This is not what you want to see on your Azure website:
Ok, so what are we looking at here? CPU goes up and up and up and then… dramatically down. There are even some additional coloured lines in the middle of that graph indicating that there were more instances put on just to deal with the load. So it must have been some pretty serious load, right? Not so much:
Huh, only a couple of requests a second. Clearly I’ve broken it.
It’s easy to jump to this conclusion and that’s exactly what I did, but I was wrong. It all started when I had some fairly serious visitor numbers drop by “Have I been pwned?” (HIBP) the other day. Actually, it was after this I noticed the above oddity; the CPU kept ramping up disproportionately to the request volume. In fact the request volume could be flat at very low numbers yet the CPU would spiral out of control. I’d restart the app and it would all come good. Something in the code wasn’t playing nice.
So I started ripping bits out – suspicious bits – things I’d changed since I believed it was last running well, stuff like additional logging. Clearly I’d screwed up something and if I pulled out enough bits it would eventually come good, right?
By pure coincidence, I logged a ticket with NewRelic on an unrelated matter and mentioned the behaviour.
“Oh, you’re running the latest version 220.127.116.11? Yeah, that one kinda has a bug, try rolling back to 18.104.22.168”
Alrighty then, uh, thanks? To be fair, NewRelic handled this as well as they possibly could when consuming humble pie. We all appreciate that the very nature of software is that it can be a complex beast, especially when you’re doing the sorts of complex things NewRelic is. The bottom line, however, is that since late August I’d been taking a big hit on CPU perf.
Anyway, fix in and here’s what I saw over a 24 hour period including a good whack of load courtesy to someone hammering the API:
That’s a sustained 1.2k requests per minute towards the end of the graph, a healthy load for the site. So what does the CPU do now? Let’s take a look:
That’s 17% at the peak. That is all. So rather than the earlier graph where the CPU was getting towards 75% with only a couple of hundred requests per minute, now we’re looking at six times the volume with only one quarter the CPU utilisation. You could argue that compared to peak utilisation with the buggy NewRelic version, the site is now 24 times more efficient. Whoa.

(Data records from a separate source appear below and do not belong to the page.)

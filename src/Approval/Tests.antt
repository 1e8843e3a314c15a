-- ===== src/Approval/Tests.antt =====
-- Approvals of a step whose skill takes no arguments, by digests that keep the name, and their
-- theorems at concrete inputs.
use praxis_ai_agent_platform.Common.{
  List, String, ◌≡◌, refl, true, false, none, some, [], ◌∷◌, nat_eq, string_eq, find_first, ok, err,
}
use praxis_ai_agent_platform.Approval.{
  TaskRow, paused_task, Digests, ApprovalRequest, ApprovalRecord, Table, missing_record, has_key,
  is_for_step, pending, create_pending_approval, await_approval, decide_record, decide_approval,
}
use praxis_ai_agent_platform.Approval.Laws.{drifted_step_passes}
use praxis_ai_agent_platform.Approval.Decisions.{Decision, decide_all, decision_is_final}

abbrev plain : Digests (Unit {0})
plain = record {
  compute_action_hash = λ skill args. skill;
  compute_idempotency_key = λ task step digest. digest;
}

abbrev request : String → ApprovalRequest (Unit {0})
request skill = record { task_id = "t1"; step_index = 2; skill_name = skill; args = tt }

abbrev restart : ApprovalRequest (Unit {0})
restart = request "restart"

abbrev wipe : ApprovalRequest (Unit {0})
wipe = request "wipe"

abbrev row : ApprovalRecord
row = record {
  tenant_id = "acme";
  task_id = "t1";
  step_index = 2;
  action = ("restart", 2);
  action_hash = "restart";
  idempotency_key = "restart";
  approver_user_id = none;
  approved = none;
  expires_at = 160;
  decided_at = none;
}

abbrev table : Table
table = row ∷ []

abbrev decided : ApprovalRecord
decided = decide_record true (some "ann") 120 row

-- asking anew makes no second row
asked_twice : (create_pending_approval plain restart "acme" 60 100 []).1 ≡ table
unfolding create_pending_approval
asked_twice = refl

-- a principal of another tenant finds no row
other_tenant : decide_approval "t1" 2 true "evil" (some "eve") 120 table ≡ err missing_record
unfolding decide_approval
other_tenant = refl

abbrev task : TaskRow (Unit {0})
task = record {
  checklist =
      record { content = "look"; status = "completed"; reason = none }
      ∷ record { content = "ask"; status = "completed"; reason = none }
      ∷ record { content = "restart"; status = "in_progress"; reason = none }
      ∷ [];
  status = "running";
  pending_input = none;
}

-- the step that asks is marked in the checklist, with the question
paused : paused_task restart task ≡ (record {
  checklist =
      record { content = "look"; status = "completed"; reason = none }
      ∷ record { content = "ask"; status = "completed"; reason = none }
      ∷ record { content = "restart"; status = "awaiting_approval"; reason = none }
      ∷ [];
  status = "awaiting_approval";
  pending_input = some (record { kind = "approval"; detail = restart });
})
unfolding paused_task
paused = refl

drifted_step_passes_example :
    let run = await_approval plain wipe "acme" 60 130 true (decided ∷ []) (some task) in
    (run.answer ≡ ok true)
    × (find_first (is_for_step "t1" 2) run.table ≡ some (pending plain wipe "acme" 60 130))
    × ((pending plain wipe "acme" 60 130).decided_at ≡ none)
unfolding has_key
drifted_step_passes_example =
    drifted_step_passes plain wipe "acme" 60 130 (decided ∷ []) (some task) refl

-- decisions on this step and on the next one, in between
abbrev later : List Decision
later =
    record {
      task_id = "t1";
      step_index = 2;
      tenant_id = "acme";
      approved = false;
      user_id = none;
      now = 125;
    }
    ∷ record {
      task_id = "t1";
      step_index = 3;
      tenant_id = "acme";
      approved = true;
      user_id = some "eve";
      now = 126;
    }
    ∷ []

decision_is_final_example :
    decide_approval "t1" 2 false "acme" (some "bob") 130 (decide_all later (decided ∷ []))
    ≡ ok (decided, decide_all later (decided ∷ []))
unfolding decide_approval
decision_is_final_example =
    decision_is_final "t1" 2 "acme" true false (some "ann") (some "bob") 120 130 table
      (decided ∷ []) decided later refl
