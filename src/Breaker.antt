-- ===== src/Breaker.antt =====
-- `CircuitBreaker` of praxis/connectors/resilience.py. The monotonic clock is an argument, a number
-- of ticks; the breaker's lock makes each of `_admit`, `_record_success` and `_record_failure` one step.
pub mod Laws
pub mod Traces
pub mod Calls
mod Tests
use praxis_ai_agent_platform.Common.{
  ℕ, ◌+◌, ◌-◌, String, Bool, true, false, List, [], ◌∷◌, Result, ok, err, Outcome, returned, raised,
  cancelled, ltb, leb, if◌then◌else◌,
}

pub data CircuitState : Type 0 where
  closed opened half_open : CircuitState

pub record CircuitBreaker : Type 0 where
  pub name : String
  pub failure_threshold : ℕ
  pub reset_timeout_seconds : ℕ
  pub state : CircuitState
  pub consecutive_failures : ℕ
  pub opened_at : ℕ
  pub half_open_in_flight : Bool

abbrev pub default_failure_threshold : ℕ
default_failure_threshold = 5

abbrev pub default_reset_timeout_seconds : ℕ
default_reset_timeout_seconds = 30

-- `CircuitBreaker(name, failure_threshold, reset_timeout_seconds)`
unfoldable pub new : String → ℕ → ℕ → CircuitBreaker
new name threshold timeout = record {
  name = name;
  failure_threshold = threshold;
  reset_timeout_seconds = timeout;
  state = closed;
  consecutive_failures = 0;
  opened_at = 0;
  half_open_in_flight = false;
}

-- The fields of the exception that a rejected call raises.
pub record CircuitOpenError : Type 0 where
  pub connector : String
  pub operation : String
  pub attempts : ℕ
  pub retry_after_seconds : ℕ

unfoldable pub circuit_open_error : String → String → ℕ → CircuitOpenError
circuit_open_error connector operation retry_after = record {
  connector = connector;
  operation = operation;
  attempts = 0;
  retry_after_seconds = retry_after;
}

-- max(0.0, timeout - (now - opened_at)), in one truncated subtraction
unfoldable pub retry_after : CircuitBreaker → ℕ → ℕ
retry_after b now = b.reset_timeout_seconds + b.opened_at - now

-- `_admit`, by the state. The clock is read a second time for the message of the exception.
admit_in :
    CircuitState
    → String
    → ℕ
    → ℕ
    → CircuitBreaker
    → CircuitBreaker × Result CircuitOpenError (Unit {0})
unfolding retry_after circuit_open_error
admit_in closed operation now again b = (b, ok tt)
admit_in opened operation now again b =
    if ltb 0 (retry_after b now)
    then (b, err (circuit_open_error b.name operation (retry_after b again)))
    else (record b { state = half_open; half_open_in_flight = true }, ok tt)
admit_in half_open operation now again b =
    if b.half_open_in_flight
    then (b, err (circuit_open_error b.name operation b.reset_timeout_seconds))
    else (record b { half_open_in_flight = true }, ok tt)

unfoldable pub admit :
    String → ℕ → ℕ → CircuitBreaker → CircuitBreaker × Result CircuitOpenError (Unit {0})
unfolding admit_in
admit operation now again b = admit_in b.state operation now again b

-- `_record_success`
unfoldable pub record_success : CircuitBreaker → CircuitBreaker
record_success b = record b {
  state = closed;
  consecutive_failures = 0;
  half_open_in_flight = false;
}

-- `_record_failure`: a failed trial opens at once, another failure at the threshold.
record_failure_in : CircuitState → ℕ → CircuitBreaker → CircuitBreaker
record_failure_in half_open now b = record b { state = opened; opened_at = now }
record_failure_in _ now b =
    if leb b.failure_threshold b.consecutive_failures
    then record b { state = opened; opened_at = now }
    else b

unfoldable pub record_failure : ℕ → CircuitBreaker → CircuitBreaker
unfolding record_failure_in
record_failure now b =
    record_failure_in b.state now
      (record b { half_open_in_flight = false; consecutive_failures = b.consecutive_failures + 1 })

-- `reset`
unfoldable pub reset : CircuitBreaker → CircuitBreaker
reset b = record b { state = closed; consecutive_failures = 0; half_open_in_flight = false }

-- What the caller of `call` gets.
pub data Reply {ℓ} (E : Type 0) (T : Type ℓ) : Type ℓ where
  value : T → Reply E T
  failure : E → Reply E T
  rejected : CircuitOpenError → Reply E T
  interrupted : Reply E T

module _ {ℓ} {E : Type 0} {T : Type ℓ} where
  -- the `try` of `call`, after the operation
  unfoldable pub settle : Outcome E T → ℕ → CircuitBreaker → CircuitBreaker × Reply E T
  unfolding record_success record_failure
  settle (returned v) now b = (record_success b, value v)
  settle (raised e) now b = (record_failure now b, failure e)
  settle cancelled now b = (b, interrupted)

  -- the body of `call`, once `_admit` has decided
  unfoldable pub guarded :
      (CircuitBreaker → CircuitBreaker × Outcome E T)
      → ℕ
      → CircuitBreaker × Result CircuitOpenError (Unit {0})
      → CircuitBreaker × Reply E T
  unfolding settle
  guarded operation finish (b, ok _) = let (b', outcome) = operation b in settle outcome finish b'
  guarded operation finish (b, err e) = (b, rejected e)

  -- `call`. While the operation is awaited other tasks may use the breaker: the operation gives the
  -- breaker that it leaves. `finish` is the time at which the outcome is recorded.
  unfoldable pub call :
      String
      → ℕ
      → ℕ
      → ℕ
      → (CircuitBreaker → CircuitBreaker × Outcome E T)
      → CircuitBreaker
      → CircuitBreaker × Reply E T
  unfolding guarded admit
  call name now again finish operation b = guarded operation finish (admit name now again b)

-- What a task does to the breaker in one step.
pub data Event : Type 0 where
  arrive : String → ℕ → ℕ → Event
  succeed : Event
  fail : ℕ → Event
  abandon : Event
  operator_reset : Event

unfoldable pub step : CircuitBreaker → Event → CircuitBreaker
unfolding admit record_success record_failure reset
step b (arrive name now again) = (admit name now again b).0
step b succeed = record_success b
step b (fail now) = record_failure now b
step b abandon = b
step b operator_reset = reset b

-- Any interleaving of the tasks that share the breaker.
unfoldable pub run : CircuitBreaker → List Event → CircuitBreaker
unfolding step
run b [] = b
run b (e ∷ es) = run (step b e) es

Whilst I’m overjoyed to have this resolved without me going through what I was expecting to be a very painful troubleshooting process, it does unfortunately call into question all the scale figures I observed. Bugger. Of course all the information around thresholds for scaling and instance sizes and how I could still deploy the app on demand and so on are all still perfectly valid, it’s just the CPU usage and consequently the infrastructure demands were way too high.
But it also raises some other interesting issues which are worth noting here:
- In an era of increasing dependency on third party libraries, you can do everything right and still be wrong. The library in question was released on Aug 27, I deployed it on Aug 28 and it was three and a half weeks later before I realised it had issues.
- In a modern cloud environment, you could pay for other peoples’ mistakes! The increased CPU almost certainly caused Azure to scale out earlier than it should and me to scale it up when it probably wouldn’t have needed to with the non-buggy library. This costs money.
- I should have established a baseline of infrastructure performance against load. The graphs above are a perfect example – if I see CPU above single digits when it’s only servicing 500 requests a minute, I should know that something is wrong.
- Following the previous point, you need to be looking for anomalies in performance after a release. I should have picked this up well before the big load hit and I didn’t. I’m trying to recall, but I suspect I got some CPU utilisation warnings from Azure which resolved themselves (possible after a code release that restarted the app) and I just never looked into it.
I’m choosing to write about these experiences with HIBP and Azure in a pretty “warts and all” fashion in the hope it helps others see the sorts of things you go through in a modern day cloud app of this nature. Sometimes that means demonstrating my own oversights or things I just got blatantly wrong but hey, that’s software development and it would be wrong to only paint a glossy picture of it!